You have a laptop (1280x800 panel) attached to a 1440x900 monitor. At startup, Xorg initializes with the monitor as the primary display A, at 1440x900+0+0 and the laptop at 1280x800+0+0.
The transform matrix of the remaining display B, where B=LCD panel is then set to (whatever scaling matrix [display B/display A] for axes X and Y).
So, we get a full-size bootsplash that fully scales to both screens, although it is a bit pixelated on one of them. (But hey, that's way better than weird black borders, and even Windows XP/Vista bootup just does an LCD panel scale of its splash sequence across all monitors -- and it doesn't even adjust for aspect).
Bonuses to this approach:
1. It works for 2+ displays. For displays B, C, and D, just set them up as Display B above, with a transformation matrix generated relative to the primary screen A. We get a bootsplash that fits each monitor from just the one buffer.

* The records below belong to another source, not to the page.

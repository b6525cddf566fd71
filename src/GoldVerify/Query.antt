-- ===== src/GoldVerify/Query.antt =====
-- internal/goldverify/query.go: the comparison query. `%[1]s`, `%[2]s` and `%[3]s` of the format
-- are the project and the datasets of Silver and Gold.
pub mod Scan
pub mod Tables
pub mod Names
pub mod Quoting
use go_drive_etl.Common.{
  ℕ, zero, suc, none, some, true, false, [], ◌∷◌, ok, err, Text, codes, Bool, Error, List, Option,
  Result, if◌then◌else◌, message, not, leb, ◌&&◌, ◌||◌, ◌==◌, length, ◌++◌, ◌-◌, has_prefix,
}

abbrev pub is_lower : ℕ → Bool
is_lower c = leb b'a' c && leb c b'z'

abbrev pub is_upper : ℕ → Bool
is_upper c = leb b'A' c && leb c b'Z'

abbrev pub is_digit : ℕ → Bool
is_digit c = leb b'0' c && leb c b'9'

-- `[a-z0-9-]*[a-z0-9]$`.
abbrev pub is_project_tail : Text → Bool
is_project_tail [] = false
is_project_tail (c ∷ []) = is_lower c || is_digit c
is_project_tail (c ∷ d ∷ s) = (is_lower c || is_digit c || c == b'-') && is_project_tail (d ∷ s)

-- `^[a-z][a-z0-9-]{4,61}[a-z0-9]$`.
unfoldable pub matches_project : Text → Bool
matches_project [] = false
matches_project (c ∷ s) = is_lower c && leb 5 (length s) && leb (length s) 62 && is_project_tail s

abbrev pub is_word : ℕ → Bool
is_word c = is_lower c || is_upper c || is_digit c || c == b'_'

abbrev pub all_words : Text → Bool
all_words [] = true
all_words (c ∷ s) = is_word c && all_words s

-- `^[A-Za-z_][A-Za-z0-9_]*$`.
unfoldable pub matches_name : Text → Bool
matches_name [] = false
matches_name (c ∷ s) = (is_lower c || is_upper c || c == b'_') && all_words s

abbrev pub invalid_configuration : Error
invalid_configuration = message (codes "invalid project/dataset configuration")

unfoldable pub validate : Text → Text → Text → Option Error
validate project silver gold =
    if not (matches_project project) || not (matches_name silver) || not (matches_name gold)
    then some invalid_configuration
    else none

-- `strings.ReplaceAll(s, old, new)` where `old` is not empty. The first argument counts the units
-- of a match that are still to be left out.
unfoldable pub replace_from : ℕ → Text → Text → Text → Text
replace_from skip old new [] = []
replace_from (suc skip) old new (c ∷ s) = replace_from skip old new s
replace_from zero old new (c ∷ s) = elim (has_prefix (c ∷ s) old) [
  | true ↦ new ++ replace_from (length old - 1) old new s
  | false ↦ c ∷ replace_from zero old new s
]

-- The tables that the query names.
pub data Table : Type 0 where
  silver_chunks daily latest : Table

abbrev pub table_name : Table → Text
table_name silver_chunks = codes "silver_chunks"
table_name daily = codes "mart_ingestion_daily"
table_name latest = codes "mart_file_latest"

-- The format: each table with the text before it, and the text behind the last.
unfoldable pub template : List (Text × Table)
template =
    (
      codes
          "WITH\n daily AS (\n SELECT ingested_date, COUNT(DISTINCT file_id) file_count, COUNT(*) chunk_count,\n SUM(content_length) content_length, COUNTIF(is_embedded) embedded_chunk_count,\n COUNTIF(NOT is_embedded) pending_embedding_chunk_count\n FROM ",
      silver_chunks,
    )
    ∷ (
      codes
          " GROUP BY ingested_date),\n latest AS (\n SELECT file_id, ANY_VALUE(content_version) content_version, MAX(ingested_at) latest_ingested_at,\n COUNT(*) chunk_count, SUM(content_length) content_length, COUNTIF(is_embedded) embedded_chunk_count,\n COUNTIF(NOT is_embedded) pending_embedding_chunk_count\n FROM ",
      silver_chunks,
    )
    ∷ (
      codes
          " GROUP BY file_id),\n d_missing AS (SELECT * FROM daily EXCEPT DISTINCT SELECT * FROM ",
      daily,
    )
    ∷ (codes "),\n d_extra AS (SELECT * FROM ", daily)
    ∷ (
      codes
          " EXCEPT DISTINCT SELECT * FROM daily),\n f_missing AS (SELECT * FROM latest EXCEPT DISTINCT SELECT * FROM ",
      latest,
    )
    ∷ (codes "),\n f_extra AS (SELECT * FROM ", latest)
    ∷ (
      codes " EXCEPT DISTINCT SELECT * FROM latest)\n SELECT\n (SELECT COUNT(*) FROM ",
      silver_chunks,
    )
    ∷ (
      codes
          ") silver_chunks,\n (SELECT COUNT(*) FROM daily) expected_daily,\n (SELECT COUNT(*) FROM latest) expected_latest,\n (SELECT COUNT(*) FROM ",
      daily,
    )
    ∷ (codes ") actual_daily,\n (SELECT COUNT(*) FROM ", latest)
    ∷ []

unfoldable pub template_end : Text
template_end =
    codes
      ") actual_latest,\n (SELECT COUNT(*) FROM d_missing) daily_missing,\n (SELECT COUNT(*) FROM d_extra) daily_extra,\n (SELECT COUNT(*) FROM f_missing) latest_missing,\n (SELECT COUNT(*) FROM f_extra) latest_extra,\n (SELECT COALESCE(SUM(file_count),0) FROM daily) dashboard_files,\n (SELECT COALESCE(SUM(pending_embedding_chunk_count),0) FROM daily) dashboard_pending"

-- A format filled in, with what each table is written as.
unfoldable pub fill : (Table → Text) → List (Text × Table) → Text → Text
fill write [] end = end
fill write ((text, table) ∷ rest) end = text ++ (write table ++ fill write rest end)

module _ (project silver gold : Text) where
  abbrev pub dataset_of : Table → Text
  dataset_of silver_chunks = silver
  dataset_of daily = gold
  dataset_of latest = gold

  -- `project.dataset.table`.
  abbrev pub path_of : Table → Text
  path_of table = project ++ b'.' ∷ (dataset_of table ++ b'.' ∷ table_name table)

  abbrev pub quoted_path : Table → Text
  quoted_path table = b'`' ∷ (path_of table ++ b'`' ∷ [])

  abbrev pub quote_table : Table → Text → Text
  quote_table table sql = replace_from zero (path_of table) (quoted_path table) sql

  unfoldable pub comparison_sql : Result Text
  unfolding fill
  comparison_sql = elim (validate project silver gold) [
    | some e ↦ err e
    | none ↦ ok (
        quote_table latest
          (quote_table daily (quote_table silver_chunks (fill path_of template template_end))))
  ]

2. We can even adapt this to get the aspect right when widescreen and non-widescreen monitors are mixed: just add a translate to any non-widescreen monitor's transformation and scale a subsection of the screen, so that the overall aspect is preserved.
In short, by using a clone mode+Xrandr transformations, we can support multiple monitors with an aspect-corrected, full screen (if scaled) Plymouth bootsplash on each one. It requires using relatively new features of the Xrandr spec, but since Plymouth and Kernel-modesetting are relatively new too, I think that's okay.
Later, at GDM/KDM startup time, the Xrandr setup can remain as is (which means there will be an ugly scaled, but proportionally correct screen on the smaller displays), or you can set all other displays to Spanning mode.
There is one additional downside: it requires the driver to support the 1.3 spec. (I tried testing on my Intel 965GM, and for the life of me, I can't get the sucker to transform or scale).
Here is another idea that does not require the 1.3 spec:
Currently Plymouth seems to initialize all displays at their native size, set them all at position 0,0, and then show a plymouth bootsplash that matches the smallest size.
Instead, why not initialize all displays, display a plymouth bootsplash that matches the *biggest* display, and then pan all other displays so that they are centered around it?
For our earlier example of a 1680x1050 monitor and 1280x800 laptop panel:
1. Initialize X framebuffer at 1680x1050
2. Set monitor as 1680x1050+0+0
3. Set LCD panel as 1280x800+ (center of framebuffer - (1280/2)) + (center of framebuffer - (800/2)) -- in this case, 1280x800+200+125.
This method a) doesn't require the 1.3 spec, and b) gives a centered, aspect-correct bootsplash on all displays (though it is zoomed in on smaller monitors).
this is fixed with the latest plymouth in rawhide.